Knowing Yourself is the Beginning of all Wisdom Aristotle

As I mentioned yesterday, this week we are going to address the incredibly important first step in overcoming depression: Knowing Yourself.  You may think you know yourself. After all, you spend every second of every day with yourself!

However, I believe that most people in general and virtually all individuals who are going through depression don’t know themselves well at all.

If I could, I would take each precious soul that is suffering with depression and spend some quality time with them and help them understand how amazing and wonderful this world is, how perfect and incredible the love that God has for them is, and the gift that they are to this world that we share.

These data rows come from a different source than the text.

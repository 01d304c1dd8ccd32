-- ===== src/Voice/Invariant.antt =====
-- What holds of `InteractionCore` (python/tom/voice/interaction_core.py) at every wait.
use tom.Prelude.{
  ℕ, ◌+◌, ◌≡◌, refl, sym, ap, subst, ◌∙◌, ◌⊎◌, inl, inr, Bool, true, false, not, ◌&&◌, ◌||◌, Option,
  none, some, ◌==◌, arith, Bool-cases,
}
use tom.Voice.Pipeline.{
  VoicePipelineState, idle, listening, processing, speaking, interrupted, error, transition_to,
}
use tom.Voice.Core.{
  Audio, Turn, After, Phase, quiet, flushing, reaping, InteractionCore, moved, transition,
  transition_in, begin_stop, invalidate,
}
use tom.Voice.Turns.{
  new_turn, prepare_turn, drop_turn, recover, start_turn, notify_speaking, complete_playback,
  end_turn, is_interrupted, return_to_listening, finish_barge_in,
}
use tom.Voice.Runs.{complete_response}

abbrev pub is_busy : VoicePipelineState → Bool
is_busy processing = true
is_busy speaking = true
is_busy _ = false

abbrev pub is_some : Option Turn → Bool
is_some none = false
is_some (some t) = true

-- The turn of the epoch has begun to speak, and its playback is not over.
abbrev pub is_sounding : ℕ → Option Turn → Bool
is_sounding e none = false
is_sounding e (some t) =
    (t.epoch == e) && t.speaking_notified && not t.playback_completed && not t.is_finished

abbrev pub owns : ℕ → Option Turn → Bool
-- A turn of the epoch, not cancelled, whose playback has not completed before it began.
owns e none = true
owns e (some t) =
    (t.epoch == e)
    && not t.is_cancelled
    && (not t.playback_completed || t.speaking_notified || t.is_finished)

-- The turn that a barge-in waits for is of an older epoch, and cancelled.
abbrev pub is_stale : ℕ → Option Turn → Bool
is_stale e none = true
is_stale e (some t) = not (t.epoch == e) && t.is_cancelled

-- A barge-in that waits has the newest epoch, and the turn that it waits for is stale.
abbrev pub IsWaiting : ℕ → Option Turn → Phase → Type 0
IsWaiting epoch turn quiet = Unit
IsWaiting epoch turn (flushing e after) = (e ≡ epoch) × (is_stale epoch turn ≡ true)
IsWaiting epoch turn (reaping e after) = (e ≡ epoch) × (is_stale epoch turn ≡ true)

-- The pipeline is busy, the microphone is gated and the turn is stale only for a reason.
abbrev pub IsHeard : InteractionCore → Type 0
IsHeard c =
    (is_interrupted c ≡ true)
    ⊎ (((is_busy c.state ≡ false) ⊎ (is_some c.active_turn ≡ true))
        × ((c.is_gated ≡ false) ⊎ (is_sounding c.epoch c.active_turn ≡ true))
        × (owns c.epoch c.active_turn ≡ true))

abbrev pub IsLive : InteractionCore → Type 0
IsLive c = IsWaiting c.epoch c.active_turn c.phase × IsHeard c

abbrev pub IsSettled : InteractionCore → Type 0
IsSettled c = (c.is_stopped ≡ true) ⊎ IsLive c

abbrev step : VoicePipelineState → VoicePipelineState → VoicePipelineState
step target old = moved old (transition_to target old)

pub step-idle : (s : VoicePipelineState) → step listening (step idle s) ≡ listening
step-idle idle = refl
step-idle listening = refl
step-idle processing = refl
step-idle speaking = refl
step-idle interrupted = refl
step-idle error = refl

pub step-interrupted : (s : VoicePipelineState) → step listening (step interrupted s) ≡ listening
step-interrupted idle = refl
step-interrupted listening = refl
step-interrupted processing = refl
step-interrupted speaking = refl
step-interrupted interrupted = refl
step-interrupted error = refl

pub invalidate-IsLive :
    (after : After) (c : InteractionCore)
    → owns c.epoch c.active_turn ≡ true
    → IsLive (invalidate after c)
unfolding invalidate begin_stop
invalidate-IsLive after c h = ground arith

pub notify_speaking-IsLive :
    (t : Turn) (c : InteractionCore)
    → c.active_turn ≡ some t
    → t.is_finished ≡ false
    → IsLive c
    → IsLive (notify_speaking t c)
unfolding notify_speaking transition_in transition
notify_speaking-IsLive t c e f h = ground arith

pub complete_response-IsLive :
    (t : Turn) (c : InteractionCore)
    → c.active_turn ≡ some t
    → IsLive c
    → IsLive (complete_response t c)
unfolding complete_response complete_playback
complete_response-IsLive t c e h = ground arith

pub end_turn-IsLive :
    (t : Turn) (c : InteractionCore) → c.active_turn ≡ some t → IsLive c → IsLive (end_turn t c)
unfolding end_turn complete_playback
end_turn-IsLive t c e h = ground arith

-- The done callback runs with the microphone and the turn as they should be.
return_to_listening-IsHeard :
    (c : InteractionCore)
    → (is_interrupted c ≡ true)
      ⊎ (((c.is_gated ≡ false) ⊎ (is_sounding c.epoch c.active_turn ≡ true))
          × (owns c.epoch c.active_turn ≡ true))
    → IsHeard (return_to_listening c)
unfolding return_to_listening transition
return_to_listening-IsHeard c h = elim (Bool-cases (is_interrupted c)) [
  | inl e ↦ rw (e, return_to_listening) (inl e)
  | inr e ↦
      rw (e, return_to_listening, step-idle c.state)
        (elim h [ inl i ↦ absurd (ground (arith, e, i)) | inr (g, o) ↦ inr (inl refl, g, o) ])
]

eqb_refl : (n : ℕ) → (n == n) ≡ true
eqb_refl n = ground arith

transition_in-current :
    (e : ℕ) (target : VoicePipelineState) (c : InteractionCore)
    → e ≡ c.epoch
    → transition_in e target c ≡ transition target c
unfolding transition_in
transition_in-current e target c h = rw (h, eqb_refl c.epoch) refl

recover-is_gated :
    (s : VoicePipelineState) (c : InteractionCore) → (recover s c).is_gated ≡ c.is_gated
unfolding recover transition
recover-is_gated idle c = refl
recover-is_gated listening c = refl
recover-is_gated processing c = refl
recover-is_gated speaking c = refl
recover-is_gated interrupted c = refl
recover-is_gated error c = refl

recover-phase : (s : VoicePipelineState) (c : InteractionCore) → (recover s c).phase ≡ c.phase
unfolding recover transition
recover-phase idle c = refl
recover-phase listening c = refl
recover-phase processing c = refl
recover-phase speaking c = refl
recover-phase interrupted c = refl
recover-phase error c = refl

pub start_turn-phase :
    (window now : ℕ) (audio : Audio) (c : InteractionCore)
    → (start_turn window now audio c).phase ≡ c.phase
unfolding start_turn prepare_turn transition
start_turn-phase window now audio c =
    ap (λ d. d.phase)
      (transition_in-current (c.epoch + 1) processing (prepare_turn window now audio c) refl)
    ∙ recover-phase c.state c

started-IsHeard :
    (t : Turn) (c : InteractionCore)
    → c.active_turn ≡ some t
    → owns c.epoch (some t) ≡ true
    → c.is_gated ≡ false
    → IsHeard (transition processing c)
unfolding transition
started-IsHeard t c a o g = rw (a, g) (inr (inr refl, inl refl, o))

return_to_listening-IsWaiting :
    (c : InteractionCore)
    → IsWaiting c.epoch c.active_turn c.phase
    → IsWaiting
        (return_to_listening c).epoch
        (return_to_listening c).active_turn
        (return_to_listening c).phase
unfolding return_to_listening transition
return_to_listening-IsWaiting c h = elim (Bool-cases (is_interrupted c)) [
  | inl e ↦ rw (e, return_to_listening) h
  | inr e ↦ rw (e, return_to_listening) h
]

pub return_to_listening-IsLive :
    (c : InteractionCore)
    → IsWaiting c.epoch c.active_turn c.phase
    → (is_interrupted c ≡ true)
      ⊎ (((c.is_gated ≡ false) ⊎ (is_sounding c.epoch c.active_turn ≡ true))
          × (owns c.epoch c.active_turn ≡ true))
    → IsLive (return_to_listening c)
return_to_listening-IsLive c p h =
    (return_to_listening-IsWaiting c p, return_to_listening-IsHeard c h)

pub start_turn-IsHeard :
    (window now : ℕ) (audio : Audio) (c : InteractionCore)
    → c.is_gated ≡ false
    → IsHeard (start_turn window now audio c)
unfolding start_turn prepare_turn
start_turn-IsHeard window now audio c h =
    let p = prepare_turn window now audio c in
    subst IsHeard (sym (transition_in-current (c.epoch + 1) processing p refl)) (
      started-IsHeard (new_turn (c.epoch + 1)) p refl (ground arith)
        (recover-is_gated c.state c ∙ h))

listening_after :
    (e : ℕ) (c : InteractionCore)
    → e ≡ c.epoch
    → transition_in e listening (transition_in e interrupted c) ≡ record c { state = listening }
unfolding transition
listening_after e c h =
    ap (transition_in e listening) (transition_in-current e interrupted c h)
    ∙ transition_in-current e listening (transition interrupted c) h
    ∙ ap (λ s. record c { state = s }) (step-interrupted c.state)

-- A barge-in that has the newest epoch ends in LISTENING, with the microphone open and no turn.
pub finish_barge_in-listening :
    (e : ℕ) (c : InteractionCore)
    → e ≡ c.epoch
    → finish_barge_in e c
      ≡ record (drop_turn c) { state = listening; is_gated = false; phase = quiet }
unfolding finish_barge_in drop_turn
finish_barge_in-listening e c h =
    let open_mic : InteractionCore → InteractionCore =
      λ d. record d { is_gated = false; phase = quiet } in
    ap open_mic (listening_after e (drop_turn c) h)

In this first step to overcoming depression, it is vital that we do some serious self-evaluation and self-knowledge work. I found a wonderful to share with you today!

Whether you are going through depression or not, I hope you will take some time and get to know yourself better! Knowing who we are…knowing who we truly are is the foundation step to both endeavors: creating a depression-free life and creating a meaningful life.

I hope you will give yourself the gift of you by getting to know yourself better! You are worth the time and effort!

Get To Know Yourself: 29 Questions to Discover the Real You

At the core of our desires is living a life of purpose and meaning.

At the core of a life of purpose and meaning is being of service to others.

At the core of being of service to others is finding peace and happiness.

At the core of finding peace and happiness, we discover who we are.

And to do that, we must get over a little irony, that most of us hardly know – much less, know well – the single person we have spent every second of our existence with, our own selves.

Think you’re the exception? Let me ask you then: how well do you know yourself?

We are not talking about taking a personality test or learning about your family history. Neither are we talking about your favorite colors, your best childhood friend or your high school prom experience (thank goodness about the last one ;)).

We are talking about something much greater and of higher consequence. We are talking about who you are at your core, what most matters to you, what makes you come alive, what feeds your soul and what drains your spirit, and how to know the difference so you choose well as you move forward in life.

If you don’t know yourself all that well, you may still live a life in alignment with who you are but only by accident or some sheer stroke of luck.

And that, my darling, is too big a risk to take, so shall we eliminate the risk altogether?

Make it a certainty that you live in alignment with who you are not by accident or luck, but rather on purpose, by intention, by design.

How? By getting to know yourself really really well. One way to do that is to learn your values, passions and goals. Another is to ask the right questions.

How to Get to Know Yourself: 29 Questions to Self-Discovery

Here are just 29 questions that open the door to having a real conversation with yourself. I want to ask you to answer these questions honestly for yourself.

When you are ready to do this, copy these questions into a text document, quiet all outside distractions, take a few deep relaxing breaths, make a great cuppa tea, clear your mind of noise and clutter and dive in.

Know that there are no right or wrong answers. There is only you uncovering the process of building a closer relationship with the person within.

  1. What activity in your life lights you up with joy?
  2. What is something you always love doing, even when you are tired or rushed? Why?
  3. If a relationship or job makes you unhappy, do you choose to stay or leave?
  4. What do you fear about leaving a bad job or a bad relationship?
  5. What do you believe is possible for you?
  6. What have you done in your life that you are most proud of?
  7. What is the thing that you are second most proud of?
  8. What kind of legacy do you want to leave behind?
  9. How does your being here in the universe change humanity for the better?
  10. If you could have one single wish granted, what would it be?
  11. How comfortable are you with your own mortality?
  12. What is your highest core value?
  13. To your best knowledge, how do other people perceive you?
  14. How would you like others to perceive you?
  15. How confident are you in your abilities to make decisions for yourself?
  16. What is your biggest self-limiting belief?
  17. Who is the most important person in your life?
  18. Who is your greatest role model?
  19. Who is a person that you don’t like yet you spend time with?
  20. What is something that is true for you no matter what?
  21. What is your moral compass in making difficult decisions?
  22. What is one failure that you have turned into your greatest lesson?
  23. What role does gratitude play in your life?
  24. How do you feel about your parents?
  25. How is your relationship with money?
  26. How do you feel about growing old someday?
  27. What role has formal education played in your life and how do you feel about it?
  28. Do you believe your destiny is pre-determined or in your hands to shape however you wish?
  29. What do you believe is the meaning of your life?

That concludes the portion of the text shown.